Clinical assessment skills — the ability to organize,
prioritize, and delegate — come in handy at the
executive level, as do the communication and interpersonal
skills nurses learn at the bedside. The nurses’
clinical perspective helps balance the financial focus
that is already present in the executive offices. The
nurse executives’ clinical perspective also gives
them credibility in the eyes of the nursing and medical
staff.
Experience working as part of a team of health care
providers, including physicians, is also an asset.

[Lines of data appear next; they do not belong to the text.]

-- ===== src/Keyboard/Scancodes.antt =====
-- The keyboard's interrupt handler of ViOS64Bit/src/keyboard/ps2keyboard.c.
use vi_os.Prelude.{
  ℕ, ◌+◌, ◌^◌, ◌<◌, ◌≡◌, Bool, true, false, List, [], ◌∷◌, ◌++◌, some, arith, length, get_or, ok,
  ◌==◌, ltb, leb, load, load-get_or,
}
use vi_os.CString.{tolower}
use vi_os.Keyboard.{KeyboardBuffer, scan_set_one, scancode_to_char, handle_interrupt}
use vi_os.Keyboard.Ring.{Queue, push-Queue}

-- For each scancode inside of the table the character without capslock is the one with capslock, turned
-- to lower case.
pub scancode_to_char-tolower :
    (scancode : ℕ)
    → scancode < 82
    → (c : ℕ) × (scancode_to_char true scancode ≡ ok c)
      × (scancode_to_char false scancode ≡ ok (tolower c))
unfolding scancode_to_char tolower
scancode_to_char-tolower scancode lt =
    (get_or scan_set_one scancode 0, rw (inside, read), rw (inside, read))
  where
    inside : ltb 82 scancode ≡ false
    inside = ground arith

    read : load scan_set_one scancode ≡ ok (get_or scan_set_one scancode 0)
    read = load-get_or scan_set_one scancode lt

-- The interrupt for a key that stands for a character puts that character behind the others in the buffer
-- of the current process, if it has less than 1024 and its tail is below 2^31 - 1, and leaves capslock as it is.
pub handle_interrupt-Queue :
    (capslock : Bool) (keyboard : KeyboardBuffer) (q : List ℕ) (scancode c : ℕ)
    → Queue keyboard q
    → length q < 1024
    → keyboard.tail + 1 < 2 ^ 31
    → scancode < 128
    → (scancode == 58) ≡ false
    → scancode_to_char capslock scancode ≡ ok c
    → (c == 0) ≡ false
    → (keyboard' : KeyboardBuffer) × (handle_interrupt capslock (some keyboard) scancode
        ≡ ok (capslock, some keyboard'))
      × Queue keyboard' (q ++ (c ∷ []))
unfolding handle_interrupt
handle_interrupt-Queue capslock keyboard q scancode c queue room small pressed no_capslock char
      character =
    let (keyboard', e, queue') = push-Queue keyboard q c queue character room small in
    (keyboard', rw (down, no_capslock, char, character, e), queue')
  where
    down : leb 128 scancode ≡ false
    down = ground arith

“I’ve seen wonderful CEOs who were somewhat
daunted by physicians, and physicians who were frustrated
with a CEO,” said Dolores Horvath, RN, BSN, MHA,
chief executive officer of St. Luke’s Medical
Center in Phoenix.
Nurses are often more successful at connecting with
physicians because of their experience doing so in a
clinical setting.
Time is valuable to physicians, said Nancy Cychol,
RN, MSN, president of Cook Children’s Medical
Center in Fort Worth, and it helps that physicians at
her hospital know she values their time. Establishing
and maintaining good relationships with physicians is
one of the toughest challenges hospitals face today.
This makes the clinical and collaborative skills these
nurses bring to management particularly valuable.
Nurse executives tend to spend time out in the hospital
and to keep their clinical hand in practice —
simply because they enjoy it. Making rounds is personally
grounding for Colleen Hallberg, RN, MSN, CHE, chief
executive officer of Banner Thunderbird Medical Center
in Glendale, Ariz. “When I am out and about in
the hospital, it is not for the sake of visibility as
much as to know what people are dealing with and how
things are going. I make it part of my routine every
week. That keeps me balanced and aware of what we do.”